Of course, with your own you do what you want, but if doing someone elses car, and you feel called to take the wheels off, use of a 40 quid halfrauds torque wrench will give you *some* peace of mind.


----------



## theshrew (May 21, 2008)

RnRollie said:


> i do not agree... what is "tight" ?
> it might have a completely different meaning if you are a 300 lbs bodybuilder then if you are an 80 lbs wimp
> there are also differences if it are steelies or alloys. Its actually quite easy to overtighten and damaging an alloy wheel. Or worse, dont tightem enough.
> 
> Of course, with your own you do what you want, but if doing someone elses car, and you feel called to take the wheels off, use of a 40 quid halfrauds torque wrench will give you *some* peace of mind.

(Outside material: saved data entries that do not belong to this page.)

-- ===== src/Base/SafeMath/Numeric.antt =====
-- CheckedNumeric of libHH/base/numerics/safe_math.h, with CheckedNumericState of safe_math_impl.h,
-- on the integer types of the conversions, each of which is its own arithmetic promotion.
use lib_hh_old.Common.{Bool, true, false, Option, none, some, ◌>>=◌, if◌then◌else◌}
use lib_hh_old.Common.Int.{ℤ, pos}
use lib_hh_old.Base.Numbers.{IntType}
use lib_hh_old.Base.SafeMath.{
  RangeConstraint, range_valid, range_underflow, range_overflow, range_invalid, checked_add,
  checked_sub, checked_neg,
}
use lib_hh_old.Base.SafeMath.Products.{
  dst_range_relation, narrow, checked_mul, checked_div, checked_mod, checked_abs,
}

-- `GetRangeConstraint` of the bitwise or.
unfoldable pub or_constraint : RangeConstraint → RangeConstraint → RangeConstraint
or_constraint range_valid b = b
or_constraint range_underflow range_valid = range_underflow
or_constraint range_underflow range_underflow = range_underflow
or_constraint range_underflow range_overflow = range_invalid
or_constraint range_underflow range_invalid = range_invalid
or_constraint range_overflow range_valid = range_overflow
or_constraint range_overflow range_underflow = range_invalid
or_constraint range_overflow range_overflow = range_overflow
or_constraint range_overflow range_invalid = range_invalid
or_constraint range_invalid b = range_invalid

pub record CheckedNumeric : Type 0 where
  pub value : ℤ
  pub validity : RangeConstraint

abbrev pub is_valid : CheckedNumeric → Bool
is_valid n = elim n.validity [ range_valid ↦ true | _ ↦ false ]

-- The constructors from a value, with a validity or without.
unfoldable pub with_validity : IntType → ℤ → RangeConstraint → CheckedNumeric
with_validity t value validity = record {
  value = narrow t value;
  validity = or_constraint validity (dst_range_relation t value);
}

abbrev pub from_value : IntType → ℤ → CheckedNumeric
from_value t value = with_validity t value range_valid

abbrev pub value_or_default : ℤ → CheckedNumeric → ℤ
value_or_default default_value n = if is_valid n then n.value else default_value

-- `ValueOrDie`; `none` is the crash.
abbrev pub value_or_die : CheckedNumeric → Option ℤ
value_or_die n = if is_valid n then some n.value else none

-- The operators of the macro BASE_NUMERIC_ARITHMETIC_OPERATORS.
pub data Operator : Type 0 where
  add sub mul div modulo : Operator

unfoldable pub checked : IntType → Operator → ℤ → ℤ → Option (ℤ × RangeConstraint)
checked t add x y = some (checked_add t x y)
checked t sub x y = some (checked_sub t x y)
checked t mul x y = checked_mul t range_valid x y
checked t div x y = checked_div t x y
checked t modulo x y = checked_mod t x y

unfoldable pub apply : IntType → Operator → CheckedNumeric → CheckedNumeric → Option CheckedNumeric
apply t op lhs rhs = checked t op lhs.value rhs.value >>= λ (result, validity).
    some (with_validity t result (or_constraint validity (or_constraint lhs.validity rhs.validity)))

unfoldable pub negated : IntType → CheckedNumeric → Option CheckedNumeric
negated t n = checked_neg t n.value >>= λ (value, validity).
    some (with_validity t value (or_constraint n.validity validity))

unfoldable pub abs : IntType → CheckedNumeric → Option CheckedNumeric
abs t n = checked_abs t n.value >>= λ (value, validity).
    some (with_validity t value (or_constraint n.validity validity))

-- `++` and `--`, in front of the variable.
abbrev pub increment : IntType → CheckedNumeric → Option CheckedNumeric
increment t n = apply t add n (from_value t (pos 1))

abbrev pub decrement : IntType → CheckedNumeric → Option CheckedNumeric
decrement t n = apply t sub n (from_value t (pos 1))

Well lets face it it aint rocket science :speechles

Just takes a bit of common sence. If you have taken the wheel off you will have a bit of a indication of how tight they were to undo. The only thing you will ever need a tourque wrench for is for doing a head gasket or something similar.


----------



## Dixondmn (Oct 12, 2007)

There seems to be a school of though amongst odler people, to only tighten your wheel nuts as tight as you are prepared to un-tightnen then again. But I'd certainly recommend a torque wrench for all wheel nuts. Nuts and bolts have design tollerances and you can easily exceed them if your doing stuff by feel of touch (guess work)

Think about how hot your wheels get and the effect of this on an overtightend nut.

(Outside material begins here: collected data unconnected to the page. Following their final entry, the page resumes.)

-- ===== src/Base/SafeMath/Expressions.antt =====
-- Expressions of checked numbers, libHH/base/numerics/safe_math.h, against the exact integers.
use lib_hh_old.Common.{
  ◌≡◌, refl, sym, ap, ap₂, ◌∙◌, true, Option, none, some, ◌>>=◌, if◌then◌else◌, arith,
}
use mathlib.Core.Path.{subst}
use lib_hh_old.Common.Int.{ℤ, pos, ◌+ℤ◌}
use lib_hh_old.Base.Numbers.{IntType}
use lib_hh_old.Base.Numbers.Print.{IsValueOf}
use lib_hh_old.Base.SafeMath.{
  RangeConstraint, range_valid, range_underflow, range_overflow, range_invalid, checked_add,
  checked_sub, checked_neg,
}
use lib_hh_old.Base.SafeMath.Exact.{IsExact, minus, IsNegation, checked_math-IsExact}
use lib_hh_old.Base.SafeMath.Products.{
  magnitude, times, quotient, remainder, is_zero, dst_range_relation, narrow, checked_mul,
  checked_div, checked_mod, checked_abs,
}
use lib_hh_old.Base.SafeMath.ExactProducts.{IsAnswer, narrow-IsExact, checked_mul-IsAnswer}
use lib_hh_old.Base.SafeMath.Numeric.{
  CheckedNumeric, is_valid, with_validity, from_value, Operator, add, sub, mul, div, modulo,
  checked, apply, negated, abs, or_constraint,
}

pub data Expression : Type 0 where
  literal : ℤ → Expression
  binary : Operator → Expression → Expression → Expression
  minus_of abs_of : Expression → Expression

unfoldable pub evaluate : IntType → Expression → Option CheckedNumeric
evaluate t (literal z) = some (from_value t z)
evaluate t (binary op a b) = evaluate t a >>= λ x. evaluate t b >>= λ y. apply t op x y
evaluate t (minus_of a) = evaluate t a >>= negated t
evaluate t (abs_of a) = evaluate t a >>= abs t

-- The value in the integers; there is none for a division by zero.
unfoldable pub exact_operator : Operator → ℤ → ℤ → Option ℤ
exact_operator add x y = some (x +ℤ y)
exact_operator sub x y = some (x +ℤ minus y)
exact_operator mul x y = some (times x y)
exact_operator div x y = if is_zero y then none else some (quotient x y)
exact_operator modulo x y = if is_zero y then none else some (remainder x y)

unfoldable pub exact_value : Expression → Option ℤ
exact_value (literal z) = some z
exact_value (binary op a b) = exact_value a >>= λ x. exact_value b >>= λ y. exact_operator op x y
exact_value (minus_of a) = exact_value a >>= λ x. some (minus x)
exact_value (abs_of a) = exact_value a >>= λ x. some (pos (magnitude x))

or_constraint-valid :
    (a b : RangeConstraint)
    → or_constraint a b ≡ range_valid
    → (a ≡ range_valid) × (b ≡ range_valid)
unfolding or_constraint
or_constraint-valid range_valid b h = (refl, h)
or_constraint-valid range_underflow range_valid h = absurd (ground arith)
or_constraint-valid range_underflow range_underflow h = absurd (ground arith)
or_constraint-valid range_underflow range_overflow h = absurd (ground arith)
or_constraint-valid range_underflow range_invalid h = absurd (ground arith)
or_constraint-valid range_overflow range_valid h = absurd (ground arith)
or_constraint-valid range_overflow range_underflow h = absurd (ground arith)
or_constraint-valid range_overflow range_overflow h = absurd (ground arith)
or_constraint-valid range_overflow range_invalid h = absurd (ground arith)
or_constraint-valid range_invalid b h = absurd (ground arith)

IsExact-valid :
    (t : IntType) (z r : ℤ) (v : RangeConstraint)
    → v ≡ range_valid
    → IsExact t z (r, v)
    → (r ≡ z) × IsValueOf t z
IsExact-valid t z r range_valid h e = e
IsExact-valid t z r range_underflow h e = absurd (ground arith)
IsExact-valid t z r range_overflow h e = absurd (ground arith)
IsExact-valid t z r range_invalid h e = absurd (ground arith)

is_valid-range :
    (v : RangeConstraint)
    → is_valid (record { value = pos 0; validity = v }) ≡ true
    → v ≡ range_valid
is_valid-range range_valid h = refl
is_valid-range range_underflow h = absurd (ground arith)
is_valid-range range_overflow h = absurd (ground arith)
is_valid-range range_invalid h = absurd (ground arith)

-- An answer is right where it is said to be valid.
abbrev IsRight : Option ℤ → Option (ℤ × RangeConstraint) → Type 0
IsRight z none = Unit {0}
IsRight z (some (r, v)) = v ≡ range_valid → z ≡ some r

abbrev IsRightNumber : IntType → Option ℤ → Option CheckedNumeric → Type 0
IsRightNumber t z none = Unit {0}
IsRightNumber t z (some n) = n.validity ≡ range_valid → (z ≡ some n.value) × IsValueOf t n.value

IsExact-IsRight :
    (t : IntType) (z : ℤ) (q : ℤ × RangeConstraint) → IsExact t z q → IsRight (some z) (some q)
IsExact-IsRight t z (r, v) e = λ h. ap some (sym (IsExact-valid t z r v h e).0)

module _ (t : IntType) where
  answer-IsRight : (z : ℤ) (o : Option (ℤ × RangeConstraint)) → IsAnswer t z o → IsRight (some z) o
  answer-IsRight z none a = tt
  answer-IsRight z (some q) a = IsExact-IsRight t z q a

  div-IsRight : (x y : ℤ) → IsRight (exact_operator div x y) (checked_div t x y)
  unfolding exact_operator checked_div
  div-IsRight x y = ground arith

  mod-IsRight : (x y : ℤ) → IsRight (exact_operator modulo x y) (checked_mod t x y)
  unfolding exact_operator checked_mod
  mod-IsRight x y = ground arith

  abs-IsRight : (x : ℤ) → IsRight (some (pos (magnitude x))) (checked_abs t x)
  unfolding checked_abs
  abs-IsRight x = ground arith

  checked-IsRight :
      (op : Operator) (x y : ℤ)
      → IsValueOf t x
      → IsValueOf t y
      → IsRight (exact_operator op x y) (checked t op x y)
  unfolding exact_operator checked
  checked-IsRight add x y hx hy =
      IsExact-IsRight t (x +ℤ y) (checked_add t x y) (checked_math-IsExact t x y hx hy).0
  checked-IsRight sub x y hx hy =
      let (sum, difference, negation) = checked_math-IsExact t x y hx hy in
      IsExact-IsRight t (x +ℤ minus y) (checked_sub t x y) difference
  checked-IsRight mul x y hx hy =
      answer-IsRight (times x y) (checked_mul t range_valid x y) (checked_mul-IsAnswer t x y hx hy)
  checked-IsRight div x y hx hy = div-IsRight x y
  checked-IsRight modulo x y hx hy = mod-IsRight x y

  -- A number that is made of a value, and valid.
  with_validity-valid :
      (z : ℤ) (v : RangeConstraint)
      → (with_validity t z v).validity ≡ range_valid
      → (v ≡ range_valid) × ((with_validity t z v).value ≡ z) × IsValueOf t z
  unfolding with_validity
  with_validity-valid z v h =
      let (valid, fits) = or_constraint-valid v (dst_range_relation t z) h in
      let (same, inside) =
        IsExact-valid t z (narrow t z) (dst_range_relation t z) fits (narrow-IsExact t z) in
      (valid, same, inside)

  -- A result that is put together with the validity of what it was made of.
  made-IsRightNumber :
      (z : Option ℤ) (r : ℤ) (v : RangeConstraint)
      → (v ≡ range_valid → z ≡ some r)
      → IsRightNumber t z (some (with_validity t r v))
  made-IsRightNumber z r v right h =
      let (valid, same, inside) = with_validity-valid r v h in
      (right valid ∙ ap some (sym same), subst (IsValueOf t) (sym same) inside)

  apply-IsRightNumber :
      (op : Operator) (zx zy : Option ℤ) (ox oy : Option CheckedNumeric)
      → IsRightNumber t zx ox
      → IsRightNumber t zy oy
      → IsRightNumber t
          (zx >>= λ x. zy >>= λ y. exact_operator op x y)
          (ox >>= λ x. oy >>= λ y. apply t op x y)
  unfolding apply
  apply-IsRightNumber op zx zy none oy hx hy = tt
  apply-IsRightNumber op zx zy (some m) none hx hy = tt
  apply-IsRightNumber op zx zy (some m) (some n) hx hy =
      answered (checked t op m.value n.value) (checked-IsRight op m.value n.value)
    where
      answered :
          (o : Option (ℤ × RangeConstraint))
          → (IsValueOf t m.value
              → IsValueOf t n.value
              → IsRight (exact_operator op m.value n.value) o)
          → IsRightNumber t (zx >>= λ x. zy >>= λ y. exact_operator op x y) (
              o >>= λ (result, validity). some (
                with_validity t result
                  (or_constraint validity (or_constraint m.validity n.validity))))
      answered none right = tt
      answered (some (r, v)) right =
          made-IsRightNumber _ r (or_constraint v (or_constraint m.validity n.validity)) (λ h.
            let (valid, both) = or_constraint-valid v (or_constraint m.validity n.validity) h in
            let (vm, vn) = or_constraint-valid m.validity n.validity both in
            let (em, im) = hx vm in
            let (en, in_) = hy vn in
            ap₂ (λ p q. p >>= λ x. q >>= λ y. exact_operator op x y) em en ∙ right im in_ valid)

  unary-IsRightNumber :
      (g : ℤ → ℤ) (z : Option ℤ) (n : CheckedNumeric) (o : Option (ℤ × RangeConstraint))
      → IsRightNumber t z (some n)
      → (IsValueOf t n.value → IsRight (some (g n.value)) o)
      → IsRightNumber t
          (z >>= λ x. some (g x))
          (o >>= λ (r, v). some (with_validity t r (or_constraint n.validity v)))
  unary-IsRightNumber g z n none h right = tt
  unary-IsRightNumber g z n (some (r, v)) h right =
      made-IsRightNumber _ r (or_constraint n.validity v) (λ e.
        let (vn, valid) = or_constraint-valid n.validity v e in
        let (en, inside) = h vn in ap (λ q. q >>= λ x. some (g x)) en ∙ right inside valid)

  negated-IsRightNumber :
      (z : Option ℤ) (o : Option CheckedNumeric)
      → IsRightNumber t z o
      → IsRightNumber t (z >>= λ x. some (minus x)) (o >>= negated t)
  unfolding negated
  negated-IsRightNumber z none h = tt
  negated-IsRightNumber z (some n) h =
      unary-IsRightNumber minus z n (checked_neg t n.value) h (λ inside.
        let (sum, difference, negation) = checked_math-IsExact t n.value n.value inside inside in
        IsNegation-IsRight (checked_neg t n.value) negation)
    where
      IsNegation-IsRight :
          (o : Option (ℤ × RangeConstraint))
          → IsNegation t n.value o
          → IsRight (some (minus n.value)) o
      IsNegation-IsRight none h = tt
      IsNegation-IsRight (some q) h = IsExact-IsRight t (minus n.value) q h

  abs-IsRightNumber :
      (z : Option ℤ) (o : Option CheckedNumeric)
      → IsRightNumber t z o
      → IsRightNumber t (z >>= λ x. some (pos (magnitude x))) (o >>= abs t)
  unfolding abs
  abs-IsRightNumber z none h = tt
  abs-IsRightNumber z (some n) h =
      unary-IsRightNumber (λ x. pos (magnitude x)) z n (checked_abs t n.value) h
        (λ inside. abs-IsRight n.value)

  evaluate-IsRightNumber : (e : Expression) → IsRightNumber t (exact_value e) (evaluate t e)
  unfolding evaluate exact_value
  evaluate-IsRightNumber (literal z) = made-IsRightNumber (some z) z range_valid (λ h. refl)
  evaluate-IsRightNumber (binary op a b) =
      apply-IsRightNumber op (exact_value a) (exact_value b) (evaluate t a) (evaluate t b)
        (evaluate-IsRightNumber a) (evaluate-IsRightNumber b)
  evaluate-IsRightNumber (minus_of a) =
      negated-IsRightNumber (exact_value a) (evaluate t a) (evaluate-IsRightNumber a)
  evaluate-IsRightNumber (abs_of a) =
      abs-IsRightNumber (exact_value a) (evaluate t a) (evaluate-IsRightNumber a)

  -- For an expression of CheckedNumeric over int, unsigned int, int64_t or uint64_t, built of values
  -- of any size by the five operators, negation and Abs: where it is evaluated without undefined
  -- behaviour and IsValid holds of the result, its value is the exact value of the expression in the
  -- integers, no step of which divides by zero, and is a value of the type.
  pub evaluate-exact_value :
      (e : Expression) (n : CheckedNumeric)
      → evaluate t e ≡ some n
      → is_valid n ≡ true
      → (exact_value e ≡ some n.value) × IsValueOf t n.value
  evaluate-exact_value e n run valid =
      subst (IsRightNumber t (exact_value e)) run (evaluate-IsRightNumber e)
        (is_valid-range n.validity valid)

As someone else mentioned, do what you want on your own car, but i certainly would recommend giving out advice like that on a public forum.


----------



## Dave Spalding (Apr 16, 2008)

My opinion - I remove my wheels to clean them i use either a power bar or one of those extendable wheel braces. I tend to lean on the bar till it stops then give it a wee tweek after that. Im more than comfortable with that and when ever any of my mates remove wheels for any reason we all do the same. However if I was running a business or charging for a service I would invest in a torque wrench, after all its £40 that could save you hundreds of thousands in law suits.

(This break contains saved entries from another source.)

-- ===== src/Base/SafeMath/Examples.antt =====
-- Runs of the checked operations.
use lib_hh_old.Common.{◌^◌, ◌-◌, ◌≡◌, refl, some, none, arith}
use lib_hh_old.Common.Int.{pos, negsuc, ◌+ℤ◌}
use lib_hh_old.Base.Numbers.{int, int64}
use lib_hh_old.Base.SafeMath.{range_valid, range_overflow, checked_add, checked_sub, checked_neg}
use lib_hh_old.Base.Numbers.Print.{IsValueOf}
use lib_hh_old.Base.SafeMath.Products.{
  times, quotient, dst_range_relation, narrow, checked_mul, checked_mod, product_range,
  defined_product,
}
use lib_hh_old.Base.SafeMath.ExactProducts.{IsAnswer, checked_mul-IsAnswer}
use lib_hh_old.Base.SafeMath.Numeric.{
  CheckedNumeric, sub, mul, or_constraint, with_validity, checked, apply,
}
use lib_hh_old.Base.SafeMath.Expressions.{
  Expression, literal, binary, evaluate, exact_value, evaluate-exact_value,
}
use lib_hh_old.Base.SafeMath.Exact.{IsExact, IsNegation, checked_math-IsExact}

checked_math-IsExact_example :
    IsExact int (pos (2 ^ 31 - 1) +ℤ negsuc 6) (checked_add int (pos (2 ^ 31 - 1)) (negsuc 6))
    × IsExact int (pos (2 ^ 31 - 1) +ℤ pos 7) (checked_sub int (pos (2 ^ 31 - 1)) (negsuc 6))
    × IsNegation int (pos (2 ^ 31 - 1)) (checked_neg int (pos (2 ^ 31 - 1)))
checked_math-IsExact_example =
    checked_math-IsExact int (pos (2 ^ 31 - 1)) (negsuc 6) (omega arith) (omega arith)

wraps : checked_add int64 (pos (2 ^ 63 - 1)) (pos 1) ≡ (negsuc (2 ^ 63 - 1), range_overflow)
unfolding checked_add
wraps = refl

checked_mul-IsAnswer_example :
    IsAnswer int64
      (times (pos (2 ^ 62)) (negsuc 1))
      (checked_mul int64 range_valid (pos (2 ^ 62)) (negsuc 1))
checked_mul-IsAnswer_example =
    checked_mul-IsAnswer int64 (pos (2 ^ 62)) (negsuc 1) (omega arith) (omega arith)

-- 2^62 times 2 is no value of int64_t, and the product is not defined.
undefined_product : checked_mul int64 range_valid (pos (2 ^ 62)) (pos 2) ≡ none
unfolding checked_mul product_range defined_product times quotient
undefined_product = refl

-- A division by zero follows although the result is marked as invalid.
undefined_remainder : checked_mod int (pos 7) (pos 0) ≡ none
unfolding checked_mod
undefined_remainder = refl

-- A zero factor leaves the caller's variable as it was.
unset_validity : checked_mul int64 range_overflow (pos 0) (pos 2) ≡ some (pos 0, range_overflow)
unfolding checked_mul
unset_validity = refl

-- 100 * 7 - 701.
abbrev expression : Expression
expression = binary sub (binary mul (literal (pos 100)) (literal (pos 7))) (literal (pos 701))

abbrev result : CheckedNumeric
result = record { value = negsuc 0; validity = range_valid }

evaluate-expression : evaluate int expression ≡ some result
unfolding evaluate apply checked checked_mul checked_sub times narrow dst_range_relation
    with_validity or_constraint
evaluate-expression = refl

evaluate-exact_value_example : (exact_value expression ≡ some (negsuc 0)) × IsValueOf int (negsuc 0)
evaluate-exact_value_example = evaluate-exact_value int expression result evaluate-expression refl

-- The negation of the least int is answered with an overflow, but computed all the same.
undefined_negation : checked_neg int (negsuc (2 ^ 31 - 1)) ≡ none
unfolding checked_neg
undefined_negation = refl
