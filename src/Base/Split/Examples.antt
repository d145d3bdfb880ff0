-- ===== src/Base/Split/Examples.antt =====
-- Runs of splitting and joining.
use lib_hh_old.Common.{ℕ, ◌≡◌, refl, some, List, [], ◌∷◌, All}
use lib_hh_old.Base.Split.{
  string, string16, keep_whitespace, trim_whitespace, split_want_all, split_want_nonempty,
  split_string, split_loop, find_first_of, one_of, push_piece, handle_whitespace, trim_string,
  trim_leading, trim_trailing, is_empty, join_string,
}
use lib_hh_old.Base.Split.Join.{IsWhole, join_string-split_string}

-- "a,,b" and a comma.
abbrev text : List ℕ
text = 97 ∷ 44 ∷ 44 ∷ 98 ∷ []

join_string-split_string_example :
    (pieces : List (List ℕ)) × (split_string string text (44 ∷ []) keep_whitespace split_want_all
      ≡ some pieces)
    × (join_string pieces (44 ∷ []) ≡ text)
    × All (IsWhole (44 ∷ [])) pieces
join_string-split_string_example = join_string-split_string string 44 97 (44 ∷ 44 ∷ 98 ∷ [])

-- " a ,," and a comma or a semicolon, trimmed, and the empty pieces left out.
trims :
    split_string string
      (32 ∷ 97 ∷ 32 ∷ 44 ∷ 44 ∷ [])
      (44 ∷ 59 ∷ [])
      trim_whitespace
      split_want_nonempty
    ≡ some ((97 ∷ []) ∷ [])
unfolding split_string split_loop find_first_of one_of push_piece handle_whitespace trim_string
    trim_leading trim_trailing is_empty
trims = refl

-- A no-break space is white space in UTF-16 text alone.
trims_utf16 :
    split_string string16 (160 ∷ 97 ∷ []) (44 ∷ []) trim_whitespace split_want_all
    ≡ some ((97 ∷ []) ∷ [])
unfolding split_string split_loop find_first_of one_of push_piece handle_whitespace trim_string
    trim_leading trim_trailing is_empty
trims_utf16 = refl

keeps_bytes :
    split_string string (160 ∷ 97 ∷ []) (44 ∷ []) trim_whitespace split_want_all
    ≡ some ((160 ∷ 97 ∷ []) ∷ [])
unfolding split_string split_loop find_first_of one_of push_piece handle_whitespace trim_string
    trim_leading trim_trailing is_empty
keeps_bytes = refl
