-- ===== src/Deployment/Truth.antt =====
-- Every receipt that a deployment records rests on terminal evidence (odoo_forge/remote_deployment.py).
use odoo_forge.Base.{
  ◌≡◌, refl, sym, ap, ◌∙◌, subst, ==_iff, arith, Bool, true, false, ok, err, Result, ◌⊎◌, inl, inr,
  List, ◌∷◌, Option, none, some, Bool-cases, ◌&&◌, ◌==◌,
}
use odoo_forge.Base.Effects.{
  Exec, Session, bind-cases, bind-ok, ◌>>=◌, ◌>>◌, perform, pure, require,
}
use odoo_forge.Base.Lists.{All}
use odoo_forge.Values.{DurableOperationIdentity, identity_eq}
use odoo_forge.Durable.{succeeded, failed, DurableOperationRecord, state_dec, state_eq}
use odoo_forge.Backend.{InstanceRef}
use odoo_forge.Deployment.Exposure.{
  ExposureResult, ExposureRequest, ExposureIntent, exposure_request, ready, exposure_outcome_eq,
}
use odoo_forge.Deployment.{
  RemoteDeploymentRequest, RemoteDeploymentReceipt, DeploymentError, Call, Ports, Exposed, recorded,
  run, reconcile, valid_terminal, failure_receipt, failed_record, record_failed,
  after_runtime_record, record_validated_failure, or_record_failure, is_exposed, after_reconcile,
  reconciled, expose_asked, expose_with, expose_for, expose, success_receipt, record_success,
  expose_recorded, checked_record, after_run, start_run, deploy, load_record, record_receipt,
  exposure_request_of, is_requested, is_owned, is_intended, is_distinct, Step, exposure_incomplete,
  ownership_inconsistent, no_exposure_intent, same_operation,
}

I must stress I am not advising people to follow my technique as the tightness could vary massively with weight and what you consider a "wee tweek" its just my opinion and im yet to have a wheel fall off, well except on a car i bought where i hadnt toched the wheels but that was due to a missing spigot ring :lol:


----------



## theshrew (May 21, 2008)

Dave Spalding said:


> My opinion - I remove my wheels to clean them i use either a power bar or one of those extendable wheel braces. I tend to lean on the bar till it stops then give it a wee tweek after that. Im more than comfortable with that and when ever any of my mates remove wheels for any reason we all do the same. However if I was running a business or charging for a service I would invest in a torque wrench, after all its £40 that could save you hundreds of thousands in law suits.


Nothing wrong with what you do there mate. I no what your saying about Tourque wrench. I used to be on the spanners when i was younger and can honestly say ive never used one. How often do you see anyone use one ? I bet if you sat in a garage or a tyre place for a week you would ever even see one let alone someone usin one.


----------



## Garry.L (Jun 4, 2008)

Remove my wheels once every few months or so to clean the rears and under arch area....














































Comes up quite well for an 7 year old car and all the above is standard OE...


----------



## moisty (May 29, 2008)

theshrew said:


> Nothing wrong with what you do there mate. I no what your saying about Tourque wrench. I used to be on the spanners when i was younger and can honestly say ive never used one. How often do you see anyone use one ? I bet if you sat in a garage or a tyre place for a week you would ever even see one let alone someone usin one.


The thing is you, like me, has an in-built torque wrench from being in the motor trade. We can tell by feel how tight a nut or bolt should be. I'll bet that even when you use a torque wrench for headbolts you pretty much know exactly when it is about to click?
But you have to remember that most people don't have that luxury and without something they can measure the torque with they could be well off the mark!! I would suggest that people should at least borrow a torque wrench and have a practice with it on their car so as to calibrate themselves...they'll soon learn how tight wheelnuts should be...or just buy one for peace of mind!:thumb:


----------



## abd1973 (Aug 27, 2007)

Just out of interest after reading all of this what sort of level or torque should be applied to an alloy or a steel wheel.? And does it differ for different cars / wheels ?

There is no point in torquing them on if you dont know what it should be.


----------



## Saqib200 (May 13, 2008)

I always torque up the wheel nuts on my car (i use a snap-on one - bought a nice one 'cos i use it so often).

Alloy Wheels generally 110 Nm.

My Focus ST is 130Nm ( when released Ford stated 90 Nm, then upped this to 110 Nm, and it is now 130 Nm).

Steel wheels maybe a touch higher, but 130Nm is enough.

We should always think - if one of our sister's or mother's had a flat tyre, would they be able to loosen the wheel nuts? And thats how tight you should do them up. I was taught to tighten wheel nuts with one hand for this reason. I now use a torque wrench because its more consistent.


----------